Civil parish in the City of Lancaster, Lancashire, England

Melling-with-Wrayton is a civil parish in the City of Lancaster in the English county of Lancashire. It includes the village of Melling and the hamlet of Wrayton, to the northeast. The parish had a population of 290 recorded in the 2001 census, increasing slightly to 299 at the 2011 census.

Melling forms part of a cluster of sites along the Lune Valley – the densest distribution of Norman castles outside the Welsh border countryside. Each has evidence of a motte – as with Arkholme and Whittington – but Melling has no surviving bailey.

==Railway lines==
Until 1952 Melling railway station was served by the Furness and Midland Joint Railway. The line continues in use for through traffic, although stopping trains ended on the branch in 1960. To the south-east, a tunnel takes the line to Wennington, where it connects to the Midland Railway; in the opposite direction, the next station was Arkholme. The line is now used by trains travelling between Morecambe/Lancaster and Leeds, as the Midland Railway between Lancaster and Wennington closed in 1966.
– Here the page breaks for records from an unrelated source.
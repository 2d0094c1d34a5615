-- ===== src/Connection/Passes.antt =====
-- The ways in which a pass of the loop of `rpc_connection::start` in include/rest_rpc/rpc_connection.hpp
-- can go, as a step relation.
pub mod Exactly
use rest_rpc.Base.{
  ℕ, ◌≤◌, ◌<◌, ◌≡◌, ◌≢◌, refl, sym, ◌∙◌, ap, subst, arith, ◌↔◌, inl, inr, true, false, ltb, ltb→lt,
  Bool-cases, Option-cases, List, [], none, some,
}
use rest_rpc.ErrorCode.{ErrorCode, is_error}
use rest_rpc.Protocol.{Host, RestRpcHeader, rest_magic_num, header_size, header_of_bytes}
use rest_rpc.Router.{Text, RpcRouter, RpcResult, route}
use rest_rpc.Transport.{Transport, ReadResult, read, failed}
use rest_rpc.Connection.{
  Next, again, ended, escaped, Session, set_last_time, close, response_bytes, start_route,
  start_pass,
}
use rest_rpc.Connection.Loop.{
  headed, bodied, converted, start_pass_no_header, start_pass_unreadable,
}
use rest_rpc.Connection.Requests.{
  start_pass_wrong_magic, start_pass_subscription, start_pass_oversized, start_pass_empty_body,
  start_pass_body, start_pass_no_body,
}
use rest_rpc.Connection.Answers.{
  called, start_route_delayed, start_route_answered, start_route_write_error,
}

module _ (host : Host) (t : Transport) (App : Type 0) where
  open t use {Net, async_read, async_write, max_size}

  abbrev Here : Type 0
  Here = Session host t App

  -- A header that is read, one of a request or a subscription, and one of a request.
  pub record IsReceived (s : Here) (net1 : Net) (h : RestRpcHeader) : Type 0 where
    pub bytes : List ℕ
    pub head : async_read header_size s.net ≡ (net1, read bytes)
    pub parsed : header_of_bytes host.endian bytes ≡ some h

  pub record IsRequest (s : Here) (net1 : Net) (h : RestRpcHeader) : Type 0 where
    pub received : IsReceived s net1 h
    pub magic : h.magic ≡ rest_magic_num
    pub request : (converted host t App s h).msg_type ≢ 1

  module _ (router : RpcRouter Here) where
    -- From the route on: the answer is left to the handler, is written, or cannot be written.
    pub data Answer : RestRpcHeader → Here → Here × Next → Type 0 where
      left :
          (h : RestRpcHeader) (s s' : Here) (result : RpcResult)
          → route router h.function_id s.connection.body (called host t App s) ≡ (s', result)
          → s'.tls.delay ≡ true
          → Answer h s (record s' { tls = record (s'.tls) { delay = false } }, again)
      written :
          (h : RestRpcHeader) (s s' : Here) (result : RpcResult) (net' : Net) (ec : ErrorCode)
          → route router h.function_id s.connection.body (called host t App s) ≡ (s', result)
          → s'.tls.delay ≡ false
          → async_write (response_bytes host t App s'.connection.cross_ending result 0) s'.net
            ≡ (net', ec)
          → is_error ec ≡ false
          → Answer h s (record (set_last_time host t App s') { net = net' }, again)
      unwritten :
          (h : RestRpcHeader) (s s' : Here) (result : RpcResult) (net' : Net) (ec : ErrorCode)
          → route router h.function_id s.connection.body (called host t App s) ≡ (s', result)
          → s'.tls.delay ≡ false
          → async_write (response_bytes host t App s'.connection.cross_ending result 0) s'.net
            ≡ (net', ec)
          → is_error ec ≡ true
          → Answer h s
              (close host t App true (record (set_last_time host t App s') { net = net' }), ended)

    pub data Pass : Here → Here × Next → Type 0 where
      no_header :
          (s : Here) (net1 : Net) (ec : ErrorCode)
          → async_read header_size s.net ≡ (net1, failed ec)
          → Pass s (close host t App true (headed host t App s net1), ended)
      unreadable :
          (s : Here) (net1 : Net) (bytes : List ℕ)
          → async_read header_size s.net ≡ (net1, read bytes)
          → header_of_bytes host.endian bytes ≡ none
          → Pass s (headed host t App s net1, escaped)
      wrong_magic :
          (s : Here) (net1 : Net) (h : RestRpcHeader)
          → IsReceived s net1 h
          → h.magic ≢ rest_magic_num
          → Pass s (headed host t App s net1, ended)
      subscribes :
          (s : Here) (net1 : Net) (h : RestRpcHeader)
          → IsReceived s net1 h
          → h.magic ≡ rest_magic_num
          → (converted host t App s h).msg_type ≡ 1
          → Pass s (
            record (headed host t App s net1) {
              connection = record ((headed host t App s net1).connection) {
                topic_id = (converted host t App s h).function_id;
              };
            },
            again,
          )
      oversized :
          (s : Here) (net1 : Net) (h : RestRpcHeader)
          → IsRequest s net1 h
          → max_size < (converted host t App s h).body_len
          → Pass s (headed host t App s net1, escaped)
      no_body :
          (s : Here) (net1 net2 : Net) (h : RestRpcHeader) (ec : ErrorCode)
          → IsRequest s net1 h
          → 0 < (converted host t App s h).body_len
          → (converted host t App s h).body_len ≤ max_size
          → async_read (converted host t App s h).body_len net1 ≡ (net2, failed ec)
          → Pass s (
            close host t App true
                (record (set_last_time host t App (headed host t App s net1)) { net = net2 }),
            ended,
          )
      routes_empty :
          (s : Here) (net1 : Net) (h : RestRpcHeader) (r : Here × Next)
          → IsRequest s net1 h
          → (converted host t App s h).body_len ≡ 0
          → Answer
              (converted host t App s h)
              (record (headed host t App s net1) {
                connection = record ((headed host t App s net1).connection) { body = [] };
              })
              r
          → Pass s r
      routes :
          (s : Here) (net1 net2 : Net) (h : RestRpcHeader) (body : Text) (r : Here × Next)
          → IsRequest s net1 h
          → 0 < (converted host t App s h).body_len
          → (converted host t App s h).body_len ≤ max_size
          → async_read (converted host t App s h).body_len net1 ≡ (net2, read body)
          → Answer
              (converted host t App s h)
              (bodied host t App (headed host t App s net1) net2 body)
              r
          → Pass s r

    pub Answer-start_route :
        (h : RestRpcHeader) (s : Here) (r : Here × Next)
        → Answer h s r
        → start_route host t App router h s ≡ r
    Answer-start_route h s _ (left _ _ s' result e d) =
        start_route_delayed host t App router h s s' result e d
    Answer-start_route h s _ (written _ _ s' result net' ec e d w n) =
        start_route_answered host t App router h s s' result e net' ec d w n
    Answer-start_route h s _ (unwritten _ _ s' result net' ec e d w n) =
        start_route_write_error host t App router h s s' result e net' ec d w n

    pub Pass-start_pass :
        (s : Here) (r : Here × Next) → Pass s r → start_pass host t App router s ≡ r
    Pass-start_pass s _ (no_header _ net1 ec e) = start_pass_no_header host t App router s net1 ec e
    Pass-start_pass s _ (unreadable _ net1 bytes e p) =
        start_pass_unreadable host t App router s net1 bytes e p
    Pass-start_pass s _ (wrong_magic _ net1 h i ne) =
        start_pass_wrong_magic host t App router s net1 i.bytes h i.head i.parsed ne
    Pass-start_pass s _ (subscribes _ net1 h i m e) =
        start_pass_subscription host t App router s net1 i.bytes h i.head i.parsed m e
    Pass-start_pass s _ (oversized _ net1 h q big) =
        let i = q.received in
        start_pass_oversized host t App router s net1 i.bytes h i.head i.parsed q.magic q.request
          big
    Pass-start_pass s _ (no_body _ net1 net2 h ec q pos fits e) =
        let i = q.received in
        start_pass_no_body host t App router s net1 i.bytes h i.head i.parsed q.magic q.request pos
          fits net2 ec e
    Pass-start_pass s r (routes_empty _ net1 h _ q z a) =
        let i = q.received in
        start_pass_empty_body host t App router s net1 i.bytes h i.head i.parsed q.magic q.request z
        ∙ Answer-start_route _ _ r a
    Pass-start_pass s r (routes _ net1 net2 h body _ q pos fits e a) =
        let i = q.received in
        start_pass_body host t App router s net1 i.bytes h i.head i.parsed q.magic q.request pos
          fits net2 body e
        ∙ Answer-start_route _ _ r a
==Geographical and architectural features==
On the edge of the first terrace 6m above the flood plain – and within St Wilfrid's vicarage garden – the motte at Melling is located centrally in the village, some distance from the present course of the river. The mound has been damaged by landscaping activities, but former channels of the varied course of the Lune can still be detected – on the Melling side of the plain.

Locally attributed as "The Cathedral of the Lune Valley", the Grade I listed St Wilfrid's Church, with a belfry of six bells appears, originally, to have formed the manorial chapel within the, now missing, castle bailey.